### INSTRUCTIONS TO FOLLOW:
Go through the lines below and copy each one that holds the string "Option".

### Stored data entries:

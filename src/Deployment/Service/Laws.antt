-- ===== src/Deployment/Service/Laws.antt =====
-- What a reconciliation that reports no error has done.
use environments.Common.{
  String, ◌≡◌, refl, ap, inl, inr, Option, none, some, List, Error, Result, ok, err, arith,
  Result-cases, subst, ◌≢◌, ◌==◌, eq_iff, Bool-cases, ◌⊎◌,
}
use environments.Resolution.ServiceUnit.{UnitTypeEnum, ResolvedServiceUnit}
use environments.Resolution.Deployment.{ResolvedDeployment}
use environments.Intent.{DeploymentIntent, build}
use environments.Intent.Laws.{IsPlanOf, build-IsPlanOf}
use environments.Deployment.Provider.{Client}
use environments.Deployment.Strategy.{DeploymentResult, failure}
use environments.Deployment.Strategy.Laws.{AnyFailed, execute_runtime-IsExecuted}
use environments.Deployment.Executor.{Kustomizer, execute}
use environments.Deployment.Executor.Laws.{Achieved, execute-Achieved}
use environments.Deployment.Service.{
  ExecError, stopped, WriteResult, exec_result, failed_result, exec_error, reconcile_error,
  run_intent, reconcile,
}

exec_error-none :
    (r : Result DeploymentResult)
    → exec_error r ≡ none
    → (d : DeploymentResult) × (r ≡ ok d) × (failure (some d) ≡ none)
unfolding exec_error failed_result
exec_error-none (ok d) h = (d, refl, ground arith)
exec_error-none (err e) h = cc

pub exec_error-stopped : (e : Error) → exec_error (err e) ≡ some (stopped e)
unfolding exec_error
exec_error-stopped e = refl

pub exec_error-cases :
    (d : DeploymentResult)
    → ((d.phase ≡ "Failed") × ((x : ExecError) × (exec_error (ok d) ≡ some x)))
      ⊎ ((d.phase ≢ "Failed") × (exec_error (ok d) ≡ none))
unfolding exec_error failed_result failure
exec_error-cases d = elim (Bool-cases (d.phase == "Failed")) [
  | inl same ↦ inl ((eq_iff d.phase "Failed").0 same, rw same (_, refl))
  | inr other ↦ inr (ground (arith, eq_iff d.phase "Failed"), rw other refl)
]

reconcile_error-none :
    (x : Option ExecError) (e : Option Error) → reconcile_error x e ≡ none → (x ≡ none) × (e ≡ none)
unfolding reconcile_error
reconcile_error-none x e h = ground arith

module _ {W Object Float64 Enum Int32 : Type 0} (types : UnitTypeEnum Float64 Enum)
    (name_of namespace_of : Object → String) (client : Client W Int32) (text : Error → String)
    (kustomizer : Kustomizer W Object Int32) (write_result : WriteResult W Object) where
  -- The plan `i` was executed with the result `r`, in which no unit failed, and `r` was written.
  pub record IsReconciled (o : Object) (w : W) (i : DeploymentIntent Int32) (r : DeploymentResult)
      : Type 0 where
    pub returned : (execute client text kustomizer o (some i) w).0 ≡ ok r
    pub achieved : Achieved client text kustomizer o i w r
    pub no_failure : AnyFailed r.service_units → ⊥
    pub recorded :
        (write_result o (some r) none (execute client text kustomizer o (some i) w).1).0 ≡ none

  no_unit_failed :
      (o : Object) (w : W) (i : DeploymentIntent Int32) (r : DeploymentResult)
      → Achieved client text kustomizer o i w r
      → failure (some r) ≡ none
      → AnyFailed r.service_units
      → ⊥
  no_unit_failed o w i r (inl (_, returned)) h =
      (execute_runtime-IsExecuted client text i w r returned).failing.0 h
  no_unit_failed o w i r (inr (repo, _, _, _, _, no_units)) h = rw no_units λ a. a

  run_intent-IsReconciled :
      (o : Object) (w : W) (i : DeploymentIntent Int32)
      → (run_intent types name_of namespace_of client text kustomizer write_result o (ok i) w).0
        ≡ none
      → (r : DeploymentResult) × IsReconciled o w i r
  unfolding run_intent
  run_intent-IsReconciled o w i h =
      let run = execute client text kustomizer o (some i) w in
      let (no_error, written) = reconcile_error-none _ _ h in
      let (r, returned, not_failed) = exec_error-none run.0 no_error in
      let achieved = execute-Achieved client text kustomizer o i w r returned in
      (
        r,
        record {
          returned = returned;
          achieved = achieved;
          no_failure = no_unit_failed o w i r achieved not_failed;
          recorded =
              subst (λ x. (write_result o x none run.1).0 ≡ none) (ap exec_result returned)
                (subst (λ x. (write_result o (exec_result run.0) x run.1).0 ≡ none) no_error
                  written);
        },
      )

  -- A reconciliation that reports no error made a plan of the Deployment, executed it (live without
  -- a manifests repo, by a commit for Kustomize with one), saw no unit fail, and had the status
  -- writer accept the result.
  pub reconcile-IsReconciled :
      (depl : ResolvedDeployment Object) (sus : List (ResolvedServiceUnit Object Enum Int32))
      (w : W)
      → (reconcile types name_of namespace_of client text kustomizer write_result
          (some depl)
          sus
          w).0
        ≡ none
      → (i : DeploymentIntent Int32) × IsPlanOf types name_of namespace_of depl sus i
        × ((r : DeploymentResult) × IsReconciled depl.deployment w i r)
  unfolding reconcile run_intent
  reconcile-IsReconciled depl sus w h =
      elim (Result-cases (build name_of namespace_of types (some depl) sus)) [
        | inl (i, planned) ↦ (
          i,
          build-IsPlanOf types name_of namespace_of depl sus i planned,
          run_intent-IsReconciled depl.deployment w i (rw (planned, reconcile) at h),
        )
        | inr (e, refused) ↦ cc (rw (refused, reconcile, run_intent) at h)
      ]
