-- ===== src/Deployment/Recording/Laws.antt =====
-- What the recorded condition says of an execution.
use environments.Common.{
  ℕ, String, ◌≡◌, refl, sym, ◌∙◌, ◌≢◌, ◌↔◌, ◌⊎◌, inl, inr, some, ◌==◌, Result, ok, err, arith,
  eq_iff, Bool-cases,
}
use environments.Core.Conditions.{Condition}
use environments.Deployment.Strategy.{DeploymentResult}
use environments.Deployment.Service.{ExecError, exec_result, exec_error}
use environments.Deployment.Service.Laws.{exec_error-stopped, exec_error-cases}
use environments.Deployment.Recording.{derive_condition}

-- The execution returned an error, or a result that failed.
abbrev pub HasFailed : Result DeploymentResult → Type 0
HasFailed (ok r) = r.phase ≡ "Failed"
HasFailed (err e) = Unit

abbrev pub IsReady : Result DeploymentResult → Type 0
IsReady (ok r) = r.phase ≡ "Ready"
IsReady (err e) = ⊥

ne_true : ◌≢◌ {A = String} "False" "True"
ne_true h = ground (arith, eq_iff "False" "True")

ne_ready : ◌≢◌ {A = String} "Ready" "Failed"
ne_ready h = ground (arith, eq_iff "Ready" "Failed")

ne_reconciling : ◌≢◌ {A = String} "Reconciling" "Ready"
ne_reconciling h = ground (arith, eq_iff "Reconciling" "Ready")

module _ (text : ExecError → String) (now : ℕ) where
  -- What the service hands to the status writer always gives a condition. It is Ready with status
  -- False exactly if the execution stopped or a unit made it fail, Ready with status True exactly if
  -- the phase is Ready, and Reconciling otherwise.
  pub derive_condition_lem :
      (r : Result DeploymentResult)
      → (c : Condition) × (derive_condition text now (exec_result r) (exec_error r) ≡ some c)
        × ((c.status ≡ "False") ↔ HasFailed r)
        × (((c.kind ≡ "Ready") × (c.status ≡ "True")) ↔ IsReady r)
        × ((c.kind ≡ "Ready") ⊎ ((c.kind ≡ "Reconciling") × (c.status ≡ "True")))
  unfolding derive_condition
  derive_condition_lem (err e) =
      rw (exec_error-stopped e)
        (_, refl, (λ _. tt, λ _. refl), (λ h. absurd (ne_true h.1), λ h. absurd h), inl refl)
  derive_condition_lem (ok d) = elim (exec_error-cases d) [
    | inl (failed, (x, stopped)) ↦ rw stopped (
      _,
      refl,
      (λ _. failed, λ _. refl),
      (λ h. absurd (ne_true h.1), λ h. absurd (ne_ready (sym h ∙ failed))),
      inl refl,
    )
    | inr (not_failed, no_error) ↦ elim (Bool-cases (d.phase == "Ready")) [
      | inl ready ↦
          rw (no_error, ready)
            (
              _,
              refl,
              (λ h. absurd (ne_true (sym h)), λ h. absurd (not_failed h)),
              (λ _. (eq_iff d.phase "Ready").0 ready, λ _. (refl, refl)),
              inl refl,
            )
      | inr other ↦
          rw (no_error, other)
            (
              _,
              refl,
              (λ h. absurd (ne_true (sym h)), λ h. absurd (not_failed h)),
              (λ h. absurd (ne_reconciling h.0), λ h. ground (arith, eq_iff d.phase "Ready")),
              inr (refl, refl),
            )
    ]
  ]
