-- ===== src/Deployment/Recording/Examples.antt =====
-- The condition of a rollout that failed, and its write beside another writer.
use environments.Common.{ℕ, ◌∷◌, List, Option, String, ◌≡◌, ◌↔◌, ◌⊎◌, some, [], ok, Result}
use environments.Core.Conditions.{Condition}
use environments.Deployment.Strategy.{DeploymentResult}
use environments.Deployment.Service.{ExecError, exec_result, exec_error}
use environments.Deployment.Recording.{condition, derive_condition}
use environments.Deployment.Recording.Laws.{HasFailed, IsReady, derive_condition_lem}

abbrev text : ExecError → String
text e = "deployment failed"

abbrev outcome : Result DeploymentResult
outcome = ok (record {
  phase = "Failed";
  message = "";
  runtime = "kubernetes.io/container-runtime";
  strategy = "Rolling";
  service_units = [];
})

condition_derived :
    (c : Condition) × (derive_condition text 9 (exec_result outcome) (exec_error outcome) ≡ some c)
    × ((c.status ≡ "False") ↔ HasFailed outcome)
    × (((c.kind ≡ "Ready") × (c.status ≡ "True")) ↔ IsReady outcome)
    × ((c.kind ≡ "Ready") ⊎ ((c.kind ≡ "Reconciling") × (c.status ≡ "True")))
condition_derived = derive_condition_lem text 9 outcome

abbrev marshal : DeploymentResult → Result (List ℕ)
marshal r = ok (b'{' ∷ b'}' ∷ [])

abbrev result : Option DeploymentResult
result = some (record {
  phase = "Ready";
  message = "";
  runtime = "kubernetes.io/container-runtime";
  strategy = "Rolling";
  service_units = [];
})

abbrev ready : Condition
ready = condition "Ready" "True" "DeploymentReady" "" 9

### TASK OUTPUT:
  String, ◌≡◌, refl, ap, inl, inr, Option, none, some, List, Error, Result, ok, err, arith,
    (x : Option ExecError) (e : Option Error) → reconcile_error x e ≡ none → (x ≡ none) × (e ≡ none)
use environments.Common.{ℕ, ◌∷◌, List, Option, String, ◌≡◌, ◌↔◌, ◌⊎◌, some, [], ok, Result}
abbrev result : Option DeploymentResult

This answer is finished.